Il 24 ottobre ricorrevano dieci anni dalla morte di Bruno Lauzi. Un anniversario passato per lo più sotto silenzio. Solo un pugno di articoli su qualche giornale. Radio, televisione e web, invece, niente. Ma, alla fine, non c’è da meravigliarsi: Bruno Lauzi era un signore troppo fuori dal coro, per essere ricordato in questi anni ipocriti e frettolosi. E poi, aveva una colpa imperdonabile, ieri come oggi: quella di non essere allineato politicamente.
Invitato a cantare a una Festa dell’Unità aveva posto una sola condizione: spiegare le sue ragioni e parlare dei prigionieri politici nei gulag, chiedendone la liberazione. I Trinariciuti dissero no. E Lauzi, da persona coerente qual’era, non andò a cantare. “Il carattere è il demone dell’uomo” diceva Eraclito, e Lauzi lo sapeva bene com’era il suo: “sono polemico, dispettoso, un terribile bastian contrario”.

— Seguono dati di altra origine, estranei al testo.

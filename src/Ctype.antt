-- ===== src/Ctype.antt =====
-- Character classes: lib/libnc/ctype/ctype.c.  A character is 0 to 255, or `none` for `EOF`; the code
-- reads the table at the character plus one.
pub mod Laws
mod Tests
use Prim.Native.Nat.{bit_and, bit_or}
use mathlib.Core.Option.{map}
use eotan.Prelude.{
  ℕ, zero, suc, ◌+◌, ◌-◌, ◌==◌, Option, none, some, List, [], ◌∷◌, ◌++◌, get_elem?, replicate,
  if◌then◌else◌,
}

abbrev c_n : ℕ
c_n = 0x00

abbrev c_u : ℕ
c_u = 0x01

abbrev c_l : ℕ
c_l = 0x02

abbrev c_x : ℕ
c_x = 0x04

abbrev c_d : ℕ
c_d = 0x08

abbrev c_p : ℕ
c_p = 0x10

abbrev c_c : ℕ
c_c = 0x20

abbrev c_s : ℕ
c_s = 0x40

abbrev c_w : ℕ
c_w = 0x80

-- The rows of `tbl`, with equal neighbours together: the control characters, the space, the
-- punctuation, digits and letters, and the bytes from 0x80 on.
abbrev pub tbl : List ℕ
tbl =
    c_n
    ∷ (replicate 9 c_c
        ++ (replicate 5 (bit_or c_c c_s)
            ++ (replicate 18 c_c
                ++ (bit_or c_s c_w
                    ∷ (replicate 15 c_p
                        ++ (replicate 10 c_d
                            ++ (replicate 7 c_p
                                ++ (replicate 6 (bit_or c_u c_x)
                                    ++ (replicate 20 c_u
                                        ++ (replicate 6 c_p
                                            ++ (replicate 6 (bit_or c_l c_x)
                                                ++ (replicate 20 c_l
                                                    ++ (replicate 4 c_p
                                                        ++ (c_c ∷ replicate 128 c_n))))))))))))))

-- `c + 1`
abbrev pub index : Option ℕ → ℕ
index none = 0
index (some c) = suc c

or_zero : Option ℕ → ℕ
or_zero none = 0
or_zero (some x) = x

-- `tbl[c + 1] & mask`
unfoldable pub masked : ℕ → Option ℕ → ℕ
unfolding or_zero
masked mask c = bit_and (or_zero (get_elem? tbl (index c))) mask

unfoldable pub isalnum : Option ℕ → ℕ
unfolding masked
isalnum c = masked (bit_or (bit_or c_u c_l) c_d) c

unfoldable pub isalpha : Option ℕ → ℕ
unfolding masked
isalpha c = masked (bit_or c_u c_l) c

unfoldable pub iscntrl : Option ℕ → ℕ
unfolding masked
iscntrl c = masked c_c c

unfoldable pub isdigit : Option ℕ → ℕ
unfolding masked
isdigit c = masked c_d c

unfoldable pub isgraph : Option ℕ → ℕ
unfolding masked
isgraph c = masked (bit_or (bit_or (bit_or c_u c_l) c_d) c_p) c

unfoldable pub islower : Option ℕ → ℕ
unfolding masked
islower c = masked c_l c

unfoldable pub isprint : Option ℕ → ℕ
unfolding masked
isprint c = masked (bit_or (bit_or (bit_or (bit_or c_u c_l) c_d) c_p) c_w) c

unfoldable pub ispunct : Option ℕ → ℕ
unfolding masked
ispunct c = masked c_p c

unfoldable pub isspace : Option ℕ → ℕ
unfolding masked
isspace c = masked (bit_or c_s c_w) c

unfoldable pub isupper : Option ℕ → ℕ
unfolding masked
isupper c = masked c_u c

unfoldable pub isxdigit : Option ℕ → ℕ
unfolding masked
isxdigit c = masked (bit_or c_d c_x) c

-- `'a' - 'A'` is 32, and a lower-case letter is above it.
unfoldable pub tolower : Option ℕ → Option ℕ
unfolding isupper
tolower c = if isupper c == 0 then c else map (λ x. x + 32) c

unfoldable pub toupper : Option ℕ → Option ℕ
unfolding islower
toupper c = if islower c == 0 then c else map (λ x. x - 32) c
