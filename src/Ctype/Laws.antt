-- ===== src/Ctype/Laws.antt =====
-- The classes against the ranges of ASCII.
use eotan.Prelude.{
  ℕ, zero, suc, ◌+◌, ◌-◌, ◌<◌, ◌≡◌, refl, arith, Bool, true, false, some, ◌==◌, leb, not, ◌&&◌,
  ◌||◌, if◌then◌else◌, Bool-cases, inl, inr,
}
use eotan.Ctype.{
  masked, or_zero, isalnum, isalpha, iscntrl, isdigit, isgraph, islower, isprint, ispunct, isspace,
  isupper, isxdigit, tolower, toupper,
}

abbrev pub within : ℕ → ℕ → ℕ → Bool
within low high c = leb low c && leb c high

abbrev pub holds : ℕ → Bool
holds n = not (n == 0)

-- The classes of the C locale, by the codes of ASCII.
pub record Classified (c : ℕ) : Type 0 where
  pub upper : holds (isupper (some c)) ≡ within 65 90 c
  pub lower : holds (islower (some c)) ≡ within 97 122 c
  pub alpha : holds (isalpha (some c)) ≡ (within 65 90 c || within 97 122 c)
  pub digit : holds (isdigit (some c)) ≡ within 48 57 c
  pub alnum : holds (isalnum (some c)) ≡ (within 48 57 c || (within 65 90 c || within 97 122 c))
  pub xdigit : holds (isxdigit (some c)) ≡ (within 48 57 c || (within 65 70 c || within 97 102 c))
  pub cntrl : holds (iscntrl (some c)) ≡ (leb c 31 || c == 127)
  pub space : holds (isspace (some c)) ≡ (within 9 13 c || c == 32)
  pub graph : holds (isgraph (some c)) ≡ within 33 126 c
  pub print : holds (isprint (some c)) ≡ within 32 126 c
  pub punct :
      holds (ispunct (some c))
      ≡ (within 33 126 c && not (within 48 57 c || (within 65 90 c || within 97 122 c)))

same : Bool → Bool → Bool
same true b = b
same false b = not b

agree_below : ℕ → (ℕ → Bool) → (ℕ → Bool) → Bool
unfolding same
agree_below zero f g = true
agree_below (suc n) f g = same (f n) (g n) && agree_below n f g

agree_below_lem : (n : ℕ) (f g : ℕ → Bool) → agree_below n f g ≡ true → (c : ℕ) → c < n → f c ≡ g c
unfolding agree_below same
agree_below_lem zero f g h c l = ground arith
agree_below_lem (suc n) f g h c l = elim (Bool-cases (c == n)) [
  | inl y ↦ let e : c ≡ n = ground arith in rw e (ground arith)
  | inr m ↦ agree_below_lem n f g (ground arith) c (ground arith)
]

abbrev Agrees : (ℕ → Bool) → (ℕ → Bool) → Type 0
Agrees f g = agree_below 256 f g ≡ true

-- `holds` of each class is, on every byte, the range of its codes.
isupper_lem : Agrees (λ c. holds (isupper (some c))) (λ c. within 65 90 c)
unfolding agree_below same isupper masked or_zero
isupper_lem = refl

islower_lem : Agrees (λ c. holds (islower (some c))) (λ c. within 97 122 c)
unfolding agree_below same islower masked or_zero
islower_lem = refl

isalpha_lem : Agrees (λ c. holds (isalpha (some c))) (λ c. within 65 90 c || within 97 122 c)
unfolding agree_below same isalpha masked or_zero
isalpha_lem = refl

isdigit_lem : Agrees (λ c. holds (isdigit (some c))) (λ c. within 48 57 c)
unfolding agree_below same isdigit masked or_zero
isdigit_lem = refl

isalnum_lem :
    Agrees
      (λ c. holds (isalnum (some c)))
      (λ c. within 48 57 c || (within 65 90 c || within 97 122 c))
unfolding agree_below same isalnum masked or_zero
isalnum_lem = refl

isxdigit_lem :
    Agrees
      (λ c. holds (isxdigit (some c)))
      (λ c. within 48 57 c || (within 65 70 c || within 97 102 c))
unfolding agree_below same isxdigit masked or_zero
isxdigit_lem = refl

iscntrl_lem : Agrees (λ c. holds (iscntrl (some c))) (λ c. leb c 31 || c == 127)
unfolding agree_below same iscntrl masked or_zero
iscntrl_lem = refl

isspace_lem : Agrees (λ c. holds (isspace (some c))) (λ c. within 9 13 c || c == 32)
unfolding agree_below same isspace masked or_zero
isspace_lem = refl

isgraph_lem : Agrees (λ c. holds (isgraph (some c))) (λ c. within 33 126 c)
unfolding agree_below same isgraph masked or_zero
isgraph_lem = refl

isprint_lem : Agrees (λ c. holds (isprint (some c))) (λ c. within 32 126 c)
unfolding agree_below same isprint masked or_zero
isprint_lem = refl

ispunct_lem :
    Agrees
      (λ c. holds (ispunct (some c)))
      (λ c. within 33 126 c && not (within 48 57 c || (within 65 90 c || within 97 122 c)))
unfolding agree_below same ispunct masked or_zero
ispunct_lem = refl

pub byte-Classified : (c : ℕ) → c < 256 → Classified c
byte-Classified c h = record {
  upper = agree_below_lem 256 _ _ isupper_lem c h;
  lower = agree_below_lem 256 _ _ islower_lem c h;
  alpha = agree_below_lem 256 _ _ isalpha_lem c h;
  digit = agree_below_lem 256 _ _ isdigit_lem c h;
  alnum = agree_below_lem 256 _ _ isalnum_lem c h;
  xdigit = agree_below_lem 256 _ _ isxdigit_lem c h;
  cntrl = agree_below_lem 256 _ _ iscntrl_lem c h;
  space = agree_below_lem 256 _ _ isspace_lem c h;
  graph = agree_below_lem 256 _ _ isgraph_lem c h;
  print = agree_below_lem 256 _ _ isprint_lem c h;
  punct = agree_below_lem 256 _ _ ispunct_lem c h;
}

tolower_by :
    (c : ℕ) (b : Bool)
    → holds (isupper (some c)) ≡ b
    → tolower (some c) ≡ some (if b then c + 32 else c)
unfolding tolower
tolower_by c b h = ground arith

toupper_by :
    (c : ℕ) (b : Bool)
    → holds (islower (some c)) ≡ b
    → toupper (some c) ≡ some (if b then c - 32 else c)
unfolding toupper
toupper_by c b h = ground arith

tolower_range : (c : ℕ) → c < 256 → tolower (some c) ≡ some (if within 65 90 c then c + 32 else c)
tolower_range c h = tolower_by c (within 65 90 c) (agree_below_lem 256 _ _ isupper_lem c h)

pub toupper_range :
    (c : ℕ) → c < 256 → toupper (some c) ≡ some (if within 97 122 c then c - 32 else c)
toupper_range c h = toupper_by c (within 97 122 c) (agree_below_lem 256 _ _ islower_lem c h)

toupper-tolower : (c : ℕ) → c < 256 → toupper (tolower (some c)) ≡ toupper (some c)
toupper-tolower c h = elim (Bool-cases (within 65 90 c)) [
  | inl y ↦
      rw (tolower_range c h, y, toupper_range (c + 32) (ground arith), toupper_range c h)
        (ground arith)
  | inr n ↦ rw (tolower_range c h, n) refl
]

-- For a byte, the eleven classes, from `isalnum` to `isxdigit`, hold of just the codes that the C
-- locale gives them in ASCII; `tolower` adds 32 to an upper-case letter and leaves every other
-- code, `toupper` takes 32 from a lower-case letter and leaves every other code, and `toupper`
-- after `tolower` is `toupper`.
pub byte_lem :
    (c : ℕ)
    → c < 256
    → Classified c
      × (tolower (some c) ≡ some (if within 65 90 c then c + 32 else c))
      × (toupper (some c) ≡ some (if within 97 122 c then c - 32 else c))
      × (toupper (tolower (some c)) ≡ toupper (some c))
byte_lem c h = (byte-Classified c h, tolower_range c h, toupper_range c h, toupper-tolower c h)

Era sempre stato un liberale. Liberale era il padre, cristiano anti fascista che si era sposato con una donna ebrea ad Asmara. Liberale era il primo giornale a cui collaborò, “L’Altolombardo”, diretto da un altro grande dimenticato come Piero Chiara. Era il 1956, e si era da poco trasferito a Varese, dopo aver vissuto a Genova, dove era stato compagno di banco di Luigi Tenco, con cui aveva iniziato a scrivere canzoni.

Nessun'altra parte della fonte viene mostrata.